If you aren't talking about a few 10us, then something else is wrong.

- slow oa reports browsing since oa buffer size is large

Nothing changes on the surface. That does not sound like inherent
inefficiencies. Since the same number of events will be generated and
need to be processed. You may argue that they are easier to process in
situ, and that the number of events dwarf L1 cache. An mmap interface
could eliminate one copy (and certainly a copy-to-user).

- missing oa report index, so query cannot browse report directly

There's more to it than that otherwise you would have proposed an
extension to the event format.

- with direct access to oa buffer, query can extract other useful
  reports like context switch information needed to calculate correct
  performance counters values.

Why would you not start with an unprivileged mediated mmapped buffer?
If the goal is to reduce sample latency by replacing read ioctls with a
mmap, that would seem to be an orthogonal step to exposing the raw OA
buffer. The inference would be that you do want to extract extra details
from the OA that are not being catered for. That's perfectly fine, our
goal is to _safely_ expose HW and not get in the way of userspace. But
if that was the intent, it should not appear to be an afterthought.
[i.e. that mmap should be inherently faster for accessing a large ring
of data is much less important than discussing the safety concerns of
letting userspace have direct control/access of OA.]

fwiu

The goal is mainly being able to quickly view reports of interest within 
a window in the OA buffer. The start and end of the window are defined 
by triggered OA reports using the OAREPORTTRIG registers along with some 
counters that act as markers (A18 - A20).

In initial implementation, the user was trying to maintain a copy of the 
oa buffer that was being built by reading OA reports from the perf_fd 
read interface. Using a new ioctl interface that returned HW TAIL, the 
user would try to index into the window in this buffer. However, the 
mapping was not 1:1 because perf_fd read would drop reports that are 
zeroed out or invalid. Added to that, the user buffer was limited by 
size. This made mapping things to an intermediate user buffer more messy 
as it would require more information from the driver to do so.

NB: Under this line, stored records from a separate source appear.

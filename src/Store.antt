-- ===== src/Store.antt =====
-- packages/db/prisma/schema.prisma: the rows of ONE gym. Every read and write of the services goes
-- through the client that packages/db/src/tenant-extension.ts scopes to the gym of the session, so
-- rows of other gyms are out of sight here. Ids are numbers that are only compared (and, where the
-- code sorts by id, ordered); amounts `Decimal(14, 2)` are integers of cents. Free texts, personal
-- data and timestamps are left out: rows stand in the order in which they were created.
pub mod Action
pub mod Context
pub mod Sample
use pulso_crm.Prelude.{ℕ, Bool, Option, List, ◌==◌, Option-cases}
use pulso_crm.Prelude.Int.{ℤ}
use pulso_crm.Calendar.{Date, BillingCycle}

pub data MemberStatus : Type 0 where
  active inactive : MemberStatus

pub record Member : Type 0 where
  pub id : ℕ
  pub status : MemberStatus
  pub deleted : Bool
  -- The cache of the sum of the member's ledger entries; negative when the member owes.
  pub balance : ℤ
  pub medical_clearance_until : Option Date

pub record Plan : Type 0 where
  pub id : ℕ
  pub price : ℤ
  pub billing_cycle : BillingCycle
  pub duration_days : Option ℕ
  pub classes_included : Option ℕ
  pub weekly_access_limit : Option ℕ
  -- The rows of `PlanBranch`.
  pub branches : List ℕ
  pub is_active : Bool
  pub deleted : Bool

pub record Branch : Type 0 where
  pub id : ℕ
  pub is_active : Bool
  pub deleted : Bool

pub data MembershipStatus : Type 0 where
  active expired cancelled suspended : MembershipStatus

pub record Membership : Type 0 where
  pub id : ℕ
  pub member_id : ℕ
  pub plan_id : ℕ
  pub branch_id : Option ℕ
  pub status : MembershipStatus
  pub start_date : Date
  pub end_date : Option Date
  pub auto_renew : Bool
  pub renewal_anchor_day : Option ℕ
  pub next_renewal_date : Option Date
  pub renewed_from_id : Option ℕ
  pub price_paid : ℤ
  pub classes_included : Option ℕ
  pub classes_remaining : Option ℕ

pub data LedgerEntryKind : Type 0 where
  debit credit : LedgerEntryKind

pub data LedgerReason : Type 0 where
  membership_charge product_charge adjustment_charge payment refund reversal discount : LedgerReason

-- The only text that is read back: the description of the transfer surcharge.
pub data Description : Type 0 where
  transfer_surcharge other_text : Description

pub record LedgerEntry : Type 0 where
  pub id : ℕ
  pub member_id : ℕ
  pub type : LedgerEntryKind
  pub reason : LedgerReason
  pub amount : ℤ
  pub balance_after : ℤ
  pub description : Description
  pub membership_id : Option ℕ
  pub cash_movement_id : Option ℕ
  pub branch_id : Option ℕ

pub data PaymentCode : Type 0 where
  cash qr mercado_pago mercadopago transfer other_method : PaymentCode

pub record PaymentMethod : Type 0 where
  pub id : ℕ
  pub code : PaymentCode
  pub counts_as_cash : Bool
  pub is_active : Bool

pub data MovementType : Type 0 where
  income expense : MovementType

-- The concepts that the code looks up by `code`, and those of the gym.
pub data ConceptCode : Type 0 where
  debt_payment refund membership_charge inventory_sale gym_concept : ConceptCode

pub record CashConcept : Type 0 where
  pub id : ℕ
  pub code : ConceptCode
  pub type : MovementType
  pub is_active : Bool

pub record CashRegister : Type 0 where
  pub id : ℕ
  pub branch_id : ℕ
  pub is_active : Bool

pub data SessionStatus : Type 0 where
  open_session closed : SessionStatus

pub record CashSession : Type 0 where
  pub id : ℕ
  pub branch_id : ℕ
  pub cash_register_id : ℕ
  pub status : SessionStatus
  pub opened_by : ℕ
  pub opening_amount : ℤ
  pub closed_by : Option ℕ
  pub expected_cash : Option ℤ
  pub declared_cash : Option ℤ
  pub cash_difference : Option ℤ
  pub business_date : Date

pub record ClosingDetail : Type 0 where
  pub cash_session_id : ℕ
  pub payment_method_id : ℕ
  pub expected_amount : ℤ
  pub declared_amount : ℤ
  pub difference : ℤ

pub record CashMovement : Type 0 where
  pub id : ℕ
  pub cash_session_id : ℕ
  pub type : MovementType
  pub amount : ℤ
  pub payment_method_id : ℕ
  pub cash_concept_id : ℕ
  pub member_id : Option ℕ
  pub membership_id : Option ℕ
  pub reversal_of_id : Option ℕ
  pub is_reversed : Bool
  pub created_by : ℕ

-- `CashOperationRequest`, of which only the pending ones are counted.
pub record OperationRequest : Type 0 where
  pub cash_session_id : ℕ
  pub pending : Bool

pub data AuditAction : Type 0 where
  cash_session_opened cash_session_closed cash_movement_created : AuditAction
  cash_movement_reversed membership_created membership_renewed : AuditAction
  membership_cancelled membership_renewal_configured membership_renewal_stopped : AuditAction
  stock_adjusted product_sold product_sale_reversed product_created : AuditAction
  product_updated : AuditAction

pub record AuditEvent : Type 0 where
  pub action : AuditAction
  pub resource_id : ℕ
  pub branch_id : Option ℕ

pub record Attendance : Type 0 where
  pub id : ℕ
  pub member_id : ℕ
  pub membership_id : Option ℕ
  pub branch_id : ℕ
  pub occurred_on : Date

pub data AccessDecision : Type 0 where
  allowed denied : AccessDecision

pub data AccessReason : Type 0 where
  member_not_found member_inactive no_membership membership_cancelled membership_expired :
      AccessReason
  debt_blocked branch_not_allowed no_classes_remaining weekly_limit_reached : AccessReason
  medical_clearance_expired duplicate_window access_ok : AccessReason

pub record AccessAttempt : Type 0 where
  pub id : ℕ
  pub branch_id : ℕ
  pub member_id : Option ℕ
  pub decision : AccessDecision
  pub reason : AccessReason
  pub attendance_id : Option ℕ

pub record Product : Type 0 where
  pub id : ℕ
  -- A text that is only compared, whatever its case.
  pub sku : ℕ
  pub sale_price : ℤ
  pub cost_price : ℤ
  pub is_active : Bool

pub record Stock : Type 0 where
  pub branch_id : ℕ
  pub product_id : ℕ
  pub quantity : ℕ

pub data StockMovementType : Type 0 where
  restock adjustment sale reversal : StockMovementType

pub record StockMovement : Type 0 where
  pub branch_id : ℕ
  pub product_id : ℕ
  pub sale_id : Option ℕ
  pub type : StockMovementType
  pub quantity : ℤ
  pub balance_after : ℕ

pub record SaleItem : Type 0 where
  pub product_id : ℕ
  pub quantity : ℕ
  pub unit_price : ℤ
  pub unit_cost : ℤ
  pub line_total : ℤ

-- `InventorySale` with its rows of `InventorySaleItem`.
pub record Sale : Type 0 where
  pub id : ℕ
  pub branch_id : ℕ
  pub cash_movement_id : ℕ
  pub total : ℤ
  pub reversal_movement_id : Option ℕ
  pub reversed : Bool
  pub items : List SaleItem

pub record Db : Type 0 where
  -- The next id that the database gives.
  pub next_id : ℕ
  pub members : List Member
  pub plans : List Plan
  pub branches : List Branch
  pub memberships : List Membership
  pub entries : List LedgerEntry
  pub methods : List PaymentMethod
  pub concepts : List CashConcept
  pub registers : List CashRegister
  pub sessions : List CashSession
  pub details : List ClosingDetail
  pub movements : List CashMovement
  pub requests : List OperationRequest
  pub attendances : List Attendance
  pub attempts : List AccessAttempt
  pub products : List Product
  pub stocks : List Stock
  pub stock_movements : List StockMovement
  pub sales : List Sale
  pub audit : List AuditEvent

Hence, the decision was to map the OA buffer to umd provided (1) that it 
is accessed from a privileged user and (2) OA report filtering is not 
used. These 2 conditions would satisfy the safety criteria that the 
perf_fd interface addresses.


Signed-off-by: Piotr Maciejewski <piotr.maciejewski@xxxxxxxxx>
---
 drivers/gpu/drm/i915/gt/intel_workarounds.c |  54 ++++++++
 drivers/gpu/drm/i915/i915_perf.c            | 130 +++++++++++++++++++-
 drivers/gpu/drm/i915/i915_perf_types.h      |  13 ++
 drivers/gpu/drm/i915/i915_reg.h             |  14 +++
 include/uapi/drm/i915_drm.h                 |  19 +++
 5 files changed, 227 insertions(+), 3 deletions(-)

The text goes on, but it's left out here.